▶ What you are asked to do:
Go through the data and copy each line where the word "makes" shows up.
(Beginning of Supplied material)
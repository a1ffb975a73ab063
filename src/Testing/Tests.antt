-- ===== src/Testing/Tests.antt =====
-- Registers and test files at concrete texts.
use ca.Base.{◌≡◌, refl, arith, ok, throw, true, some, List, [], ◌∷◌, invalid_register_name, ◌++◌}
use ca.Base.Text.{Text, codes}
use ca.Base.Decimal.{
  to_string, digits, stoul, stoull_any, stoi, to_unsigned, to_int, magnitude, magnitude_any,
  accumulate, split_sign,
}
use ca.Base.Regex.{regex_match, match_from, many_match, one_match}
use ca.ConfigFile.{
  ConfigFile, load, load_lines, load_line, classify, has_section, has_property, add_property,
  add_section, get_properties,
}
use ca.Testing.{
  RegisterInit, TestFile, register_init, validate_section, validate, test_file, register_number,
  registers_of, get_registers, get_pre_registers, get_executable,
}
use ca.Testing.RoundTrip.{
  register_init-to_string, get_registers-print_registers, validate_section-letter, print_registers,
}

decimal_register : register_init (codes "R10=58") ≡ ok (record { number = 10; value = 58 })
unfolding register_init regex_match match_from many_match one_match stoul stoull_any to_unsigned
    magnitude magnitude_any accumulate split_sign
decimal_register = refl

-- A leading zero makes the value octal, and hexadecimal letters do not match.
octal_register : register_init (codes "r1=010") ≡ ok (record { number = 1; value = 8 })
unfolding register_init regex_match match_from many_match one_match stoul stoull_any to_unsigned
    magnitude magnitude_any accumulate split_sign
octal_register = refl

letters_ignored : register_init (codes "r1=0xff") ≡ ok (record { number = 0; value = 0 })
unfolding register_init regex_match match_from many_match one_match
letters_ignored = refl

abbrev demo : Text
demo = codes "[pre]\nR2=4\nR10=0x1f\n[post]\nR1=-1\n"

abbrev demo_config : ConfigFile
demo_config = record {
  properties =
      ((codes "post", codes "R1"), codes "-1")
      ∷ ((codes "pre", codes "R10"), codes "0x1f")
      ∷ ((codes "pre", codes "R2"), codes "4")
      ∷ [];
  sections = codes "__GLOBAL" ∷ codes "pre" ∷ codes "post" ∷ [];
}

abbrev demo_file : TestFile
demo_file = record { config = demo_config; filename = codes "a.conf" }

demo_is_read : test_file (codes "a.conf") (some demo) ≡ ok demo_file
unfolding test_file validate validate_section get_properties load load_lines load_line classify
    has_section has_property add_property add_section regex_match match_from many_match one_match
demo_is_read = refl

pre_registers :
    get_pre_registers demo_file
    ≡ ok (record { number = 10; value = 31 } ∷ record { number = 2; value = 4 } ∷ [])
unfolding get_pre_registers get_registers registers_of register_number get_properties stoi to_int
    stoull_any to_unsigned magnitude magnitude_any accumulate split_sign
pre_registers = refl

executable : get_executable demo_file ≡ ok (codes "a.bin")
unfolding get_executable
executable = refl

register_init-to_string_example :
    register_init (b'R' ∷ to_string 31 ++ b'=' ∷ to_string 4096)
    ≡ ok (record { number = 31; value = 4096 })
register_init-to_string_example =
    register_init-to_string b'R' 31 4096 refl (omega arith) (omega arith)

abbrev two_registers : List RegisterInit
two_registers = record { number = 10; value = 31 } ∷ record { number = 2; value = 4 } ∷ []

abbrev printed_file : TestFile
unfolding to_string digits
printed_file = record {
  config = record {
    properties =
        ((codes "pre", codes "R10"), codes "31") ∷ ((codes "pre", codes "R2"), codes "4") ∷ [];
    sections = codes "pre" ∷ [];
  };
  filename = codes "b.conf";
}

printed_properties :
    get_properties (codes "pre") printed_file.config ≡ print_registers two_registers
unfolding get_properties to_string digits
printed_properties = refl

get_registers-print_registers_example : get_registers (codes "pre") printed_file ≡ ok two_registers
get_registers-print_registers_example =
    get_registers-print_registers (codes "pre") printed_file two_registers
      ((omega arith, omega arith, (omega arith, omega arith, tt))) printed_properties

abbrev lower_file : TestFile
lower_file = record {
  config = record {
    properties = ((codes "pre", codes "r5"), codes "31") ∷ [];
    sections = codes "pre" ∷ [];
  };
  filename = codes "b.conf";
}

lower_section : has_section (codes "pre") lower_file.config ≡ true
unfolding has_section
lower_section = refl

lower_properties :
    get_properties (codes "pre") lower_file.config ≡ (b'r' ∷ to_string 5, codes "31") ∷ []
unfolding get_properties to_string digits
lower_properties = refl

validate_section-letter_example :
    validate_section (codes "pre") lower_file ≡ throw (invalid_register_name (b'r' ∷ to_string 5))
validate_section-letter_example =
    validate_section-letter (codes "pre") lower_file b'r' 5 (codes "31") [] refl (omega arith)
      lower_section lower_properties
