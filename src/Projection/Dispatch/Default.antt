-- ===== src/Projection/Dispatch/Default.antt =====
-- What follows the `switch` of the loop in web/src/lib/assistant-projection.ts only pushes items.
use codex_mcp_ui.Common.{ℕ, String, ◌≡◌, refl, Option, none, some, List, if_both, truthy}
use codex_mcp_ui.Event.{EventRecord}
use codex_mcp_ui.Projection.Parts.{Title, AssistantPartItem, ProjectionItem}
use codex_mcp_ui.Projection.Items.{project_mcp_method}
use codex_mcp_ui.Projection.Titles.{is_approval_event, lifecycle_title}
use codex_mcp_ui.Projection.Dispatch.{Projection, or_unknown, or_method, default_for}

module _ (p : Projection) (event : EventRecord) (index : ℕ) where
  -- The variables are those of p, but for the items.
  abbrev pub IsOf : Projection → Type 0
  IsOf q = (items : List ProjectionItem) × (q ≡ record p { items = items })

  or_unknown-IsOf :
      (t : String) (o : Option AssistantPartItem) → IsOf (or_unknown p event index t o)
  or_unknown-IsOf t none = (_, refl)
  or_unknown-IsOf t (some item) = (_, refl)

  or_method-IsOf : (t : String) (o : Option Title) → IsOf (or_method p event index t o)
  or_method-IsOf t none = or_unknown-IsOf t (project_mcp_method event index)
  or_method-IsOf t (some title) = (_, refl)

  pub default_for-IsOf : (o : Option String) → IsOf (default_for p event index o)
  default_for-IsOf none = (_, refl)
  default_for-IsOf (some t) =
      if_both IsOf (truthy t)
        (if_both IsOf (is_approval_event t) (_, refl) (or_method-IsOf t (lifecycle_title t)))
        (_, refl)
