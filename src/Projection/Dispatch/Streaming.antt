-- ===== src/Projection/Dispatch/Streaming.antt =====
-- What the buckets of streams hold after the loop of `projectReadonlyAssistantThread`
-- (web/src/lib/assistant-projection.ts), told from the events alone.
use codex_mcp_ui.Common.{
  ℕ, suc, String, ◌≡◌, refl, sym, ap, ◌∙◌, Bool, true, false, Option, none, some, List, [], ◌∷◌,
  ◌==◌, eq_iff, if◌then◌else◌, Bool-cases, inl, inr,
}
use codex_mcp_ui.Common.Table.{Table, get, set, get-set}
use codex_mcp_ui.Event.{EventRecord}
use codex_mcp_ui.Projection.Access.{stream_bucket_id}
use codex_mcp_ui.Projection.Parts.{Variant, PairBucket, StreamBucket}
use codex_mcp_ui.Projection.Buckets.{append_stream_chunk, terminate_stream}
use codex_mcp_ui.Projection.Buckets.Streams.{get-append_stream_chunk}
use codex_mcp_ui.Projection.Switch.{PairKind, Case, case_of}
use codex_mcp_ui.Projection.Dispatch.StreamParts.{
  StreamKind, messages, reasonings, StreamPart, delta, final, part_of, part_if, role, end_stream,
  noted, note_all, stream_of, note_all-stream_of,
}
use codex_mcp_ui.Projection.Dispatch.Default.{default_for-IsOf}
use codex_mcp_ui.Projection.Dispatch.{
  Projection, empty_projection, set_pair_buckets, project_default, project_case, project_event,
  project_events, is_skipped,
}

abbrev pub streams : StreamKind → Projection → Table StreamBucket
streams messages p = p.message_streams
streams reasonings p = p.reasoning_streams

-- Another branch leaves both maps of streams.
abbrev pub Keeps : Projection → Projection → Type 0
Keeps p q = (q.message_streams ≡ p.message_streams) × (q.reasoning_streams ≡ p.reasoning_streams)

pub Keeps-set_pair_buckets :
    (p : Projection) (kind : PairKind) (m : Table PairBucket) → Keeps p (set_pair_buckets p kind m)
unfolding set_pair_buckets
Keeps-set_pair_buckets p PairKind.mcp_tool m = (refl, refl)
Keeps-set_pair_buckets p PairKind.web_search m = (refl, refl)
Keeps-set_pair_buckets p PairKind.image_generation m = (refl, refl)
Keeps-set_pair_buckets p PairKind.patch m = (refl, refl)
Keeps-set_pair_buckets p PairKind.dynamic_tool m = (refl, refl)
Keeps-set_pair_buckets p PairKind.collab_spawn m = (refl, refl)
Keeps-set_pair_buckets p PairKind.collab_interaction m = (refl, refl)
Keeps-set_pair_buckets p PairKind.collab_wait m = (refl, refl)
Keeps-set_pair_buckets p PairKind.collab_close m = (refl, refl)
Keeps-set_pair_buckets p PairKind.collab_resume m = (refl, refl)

abbrev pub terminated_in : Table StreamBucket → String → Option StreamBucket → Table StreamBucket
terminated_in store key none = store
terminated_in store key (some bucket) = set store key (record bucket { terminated = true })

get-terminated_in :
    (store : Table StreamBucket) (key id : String) (o : Option StreamBucket)
    → get store key ≡ o
    → get (terminated_in store key o) id
      ≡ (if key == id then end_stream (get store id) else get store id)
get-terminated_in store key id none missing = elim (Bool-cases (key == id)) [
  | inl same ↦
      let none_there = ap (get store) (sym ((eq_iff key id).0 same)) ∙ missing in
      rw (same, none_there) refl
  | inr other ↦ rw other refl
]
get-terminated_in store key id (some bucket) found = elim (Bool-cases (key == id)) [
  | inl same ↦
      let there = ap (get store) (sym ((eq_iff key id).0 same)) ∙ found in
      rw (get-set, same, there) refl
  | inr other ↦ rw (get-set, other) refl
]

pub terminate_stream-terminated_in :
    (store : Table StreamBucket) (event : EventRecord)
    → terminate_stream store event
      ≡ terminated_in store (stream_bucket_id event) (get store (stream_bucket_id event))
unfolding terminate_stream
terminate_stream-terminated_in store event = by_bucket (get store (stream_bucket_id event))
  where
    by_bucket :
        (o : Option StreamBucket)
        → elim o as (λ x. Table StreamBucket) [
          | none ↦ store
          | some bucket ↦ set store (stream_bucket_id event) (record bucket { terminated = true })
        ]
          ≡ terminated_in store (stream_bucket_id event) o
    by_bucket none = refl
    by_bucket (some bucket) = refl

get-terminate_stream :
    (store : Table StreamBucket) (event : EventRecord) (id : String)
    → get (terminate_stream store event) id
      ≡ (if stream_bucket_id event == id then end_stream (get store id) else get store id)
get-terminate_stream store event id =
    ap (λ m. get m id) (terminate_stream-terminated_in store event)
    ∙ get-terminated_in store (stream_bucket_id event) id (get store (stream_bucket_id event)) refl

module _ (p : Projection) (event : EventRecord) (index : ℕ) (id : String) where
  abbrev own : Bool
  own = stream_bucket_id event == id

  abbrev After : StreamKind → Table StreamBucket → Option StreamPart → Type 0
  After kind store part =
      get store id ≡ noted (part_if own part) event index (get (streams kind p) id)

  none-After : (kind : StreamKind) → After kind (streams kind p) none
  none-After kind = if_none own
    where
      if_none :
          (c : Bool)
          → get (streams kind p) id ≡ noted (part_if c none) event index (get (streams kind p) id)
      if_none true = refl
      if_none false = refl

  kept-After :
      (kind : StreamKind) (store : Table StreamBucket)
      → store ≡ streams kind p
      → After kind store none
  kept-After kind store same = ap (λ m. get m id) same ∙ none-After kind

  delta-After :
      (kind : StreamKind) (v : Variant)
      → After kind (append_stream_chunk (streams kind p) event index v) (some (delta v))
  delta-After kind v =
      get-append_stream_chunk (streams kind p) event index v id ∙ elim (Bool-cases own) [
        | inl same ↦ let here = (eq_iff (stream_bucket_id event) id).0 same in rw (same, here) refl
        | inr other ↦ rw other refl
      ]

  final-After :
      (kind : StreamKind) → After kind (terminate_stream (streams kind p) event) (some final)
  final-After kind =
      get-terminate_stream (streams kind p) event id
      ∙ elim (Bool-cases own) [ inl same ↦ rw same refl | inr other ↦ rw other refl ]

  case-After :
      (kind : StreamKind) (c : Case)
      → After kind (streams kind (project_case p event index c)) (part_of kind c)
  unfolding project_case project_default
  case-After messages Case.agent_message = final-After messages
  case-After reasonings Case.agent_message = none-After reasonings
  case-After messages Case.agent_reasoning = none-After messages
  case-After reasonings Case.agent_reasoning = final-After reasonings
  case-After messages Case.agent_reasoning_raw_content = none-After messages
  case-After reasonings Case.agent_reasoning_raw_content = final-After reasonings
  case-After messages Case.message_delta = delta-After messages Variant.text
  case-After reasonings Case.message_delta = none-After reasonings
  case-After messages Case.reasoning_delta = none-After messages
  case-After reasonings Case.reasoning_delta = delta-After reasonings Variant.reasoning
  case-After messages Case.raw_content_delta = none-After messages
  case-After reasonings Case.raw_content_delta = delta-After reasonings Variant.raw_content
  case-After messages Case.user_message = none-After messages
  case-After reasonings Case.user_message = none-After reasonings
  case-After messages Case.section_break = none-After messages
  case-After reasonings Case.section_break = none-After reasonings
  case-After messages Case.exec_begin = none-After messages
  case-After reasonings Case.exec_begin = none-After reasonings
  case-After messages Case.exec_output = none-After messages
  case-After reasonings Case.exec_output = none-After reasonings
  case-After messages Case.exec_interaction = none-After messages
  case-After reasonings Case.exec_interaction = none-After reasonings
  case-After messages Case.exec_end = none-After messages
  case-After reasonings Case.exec_end = none-After reasonings
  case-After messages Case.view_image = none-After messages
  case-After reasonings Case.view_image = none-After reasonings
  case-After messages Case.plan_update = none-After messages
  case-After reasonings Case.plan_update = none-After reasonings
  case-After messages Case.plan_delta = none-After messages
  case-After reasonings Case.plan_delta = none-After reasonings
  case-After messages (Case.pair_begin kind) =
      kept-After messages _ (Keeps-set_pair_buckets p kind _).0
  case-After messages (Case.pair_end kind) =
      kept-After messages _ (Keeps-set_pair_buckets p kind _).0
  case-After messages Case.default =
      kept-After messages _
        (ap (λ q. q.message_streams) (default_for-IsOf p event index event.event_type).1)
  case-After reasonings (Case.pair_begin kind) =
      kept-After reasonings _ (Keeps-set_pair_buckets p kind _).1
  case-After reasonings (Case.pair_end kind) =
      kept-After reasonings _ (Keeps-set_pair_buckets p kind _).1
  case-After reasonings Case.default =
      kept-After reasonings _
        (ap (λ q. q.reasoning_streams) (default_for-IsOf p event index event.event_type).1)

event-noted :
    (p : Projection) (event : EventRecord) (index : ℕ) (kind : StreamKind) (id : String)
    → get (streams kind (project_event p event index)) id
      ≡ noted (role kind id event) event index (get (streams kind p) id)
unfolding project_event
event-noted p event index kind id = elim (Bool-cases (is_skipped event)) [
  | inl skipped ↦ rw skipped refl
  | inr kept ↦ rw kept (case-After p event index id kind (case_of event.event_type))
]

events-note_all :
    (p : Projection) (events : List EventRecord) (index : ℕ) (kind : StreamKind) (id : String)
    → get (streams kind (project_events p events index)) id
      ≡ note_all kind id events index (get (streams kind p) id)
unfolding project_events note_all
events-note_all p [] index kind id = refl
events-note_all p (event ∷ events) index kind id =
    events-note_all (project_event p event index) events (suc index) kind id
    ∙ ap (note_all kind id events (suc index)) (event-noted p event index kind id)

-- After the loop, the bucket of a stream is the one that its first delta makes: at that delta's
-- place, with its variant, with the ids of all deltas of the stream and their nonempty chunks in
-- order, whatever stood between them, and ended if a final event came after the first; and there is
-- no bucket if there was no delta.
pub streams_met :
    (events : List EventRecord) (index : ℕ) (kind : StreamKind) (id : String)
    → get (streams kind (project_events empty_projection events index)) id
      ≡ stream_of kind id events index
unfolding get
streams_met events index messages id =
    events-note_all empty_projection events index messages id
    ∙ note_all-stream_of messages id events index
streams_met events index reasonings id =
    events-note_all empty_projection events index reasonings id
    ∙ note_all-stream_of reasonings id events index
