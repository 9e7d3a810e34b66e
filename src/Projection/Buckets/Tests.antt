-- ===== src/Projection/Buckets/Tests.antt =====
-- Streams of deltas, and the instances of their theorems at them.
use codex_mcp_ui.Common.{List, true, String, ◌≡◌, refl, false, none, some, [], ◌∷◌}
use codex_mcp_ui.Common.Table.{get}
use codex_mcp_ui.Json.{Json, Fields, object, field, end, string, str, as_record}
use codex_mcp_ui.Event.{EventRecord}
use codex_mcp_ui.Event.Samples.{codex, e2}
use codex_mcp_ui.Projection.Parts.{Variant, StreamBucket}
use codex_mcp_ui.Projection.Access.{msg_of, stream_bucket_id}
use codex_mcp_ui.Projection.Buckets.{project_stream_bucket, terminate_stream}
use codex_mcp_ui.Projection.Buckets.Streams.{append_all, stream_over}
use codex_mcp_ui.Projection.Dispatch.{empty_projection, project_events}
use codex_mcp_ui.Projection.Dispatch.StreamParts.{messages, stream_of}
use codex_mcp_ui.Projection.Dispatch.Streaming.{streams, streams_met}
use codex_mcp_ui.Projection.Switch.{case_of}
use codex_mcp_ui.Event.Samples.{e1}

abbrev delta : String → String → EventRecord
delta id text = codex "agent_message_delta" id "2026-01-02" (field "delta" (string text) end)

abbrev streamed : List EventRecord
streamed = delta "8" "He" ∷ e1 ∷ delta "9" "llo" ∷ []

streams_met_example :
    get (streams messages (project_events empty_projection streamed 0)) "turn"
    ≡ stream_of messages "turn" streamed 0
streams_met_example = streams_met streamed 0 messages "turn"

-- The bucket has the chunks of both deltas, and is ended by the message between them.
streamed-bucket :
    stream_of messages "turn" streamed 0
    ≡ some (record {
      timestamp = "2026-01-02";
      order = 0;
      event_ids = "8" ∷ "9" ∷ [];
      chunks = "He" ∷ "llo" ∷ [];
      variant = Variant.text;
      terminated = true;
    })
unfolding stream_of stream_bucket_id msg_of get case_of str codex_mcp_ui.Json.is_object as_record
streamed-bucket = refl

abbrev open_stream : StreamBucket
open_stream = record {
  timestamp = "2026-01-02";
  order = 0;
  event_ids = "8" ∷ [];
  chunks = "He" ∷ [];
  variant = Variant.text;
  terminated = false;
}

stream_over_example :
    (after : StreamBucket) × (get
        (append_all
          (terminate_stream (("turn", open_stream) ∷ []) e2)
          (delta "9" "llo" ∷ [])
          5
          Variant.text)
        (stream_bucket_id e2)
      ≡ some after)
    × (project_stream_bucket after ≡ none)
unfolding stream_bucket_id get
stream_over_example =
    stream_over (("turn", open_stream) ∷ []) e2 (delta "9" "llo" ∷ []) 5 Variant.text open_stream
      refl (refl, tt)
(End of Supplied material)
▶ Answer section:
-- A leading zero makes the value octal, and hexadecimal letters do not match.
-- After the loop, the bucket of a stream is the one that its first delta makes: at that delta's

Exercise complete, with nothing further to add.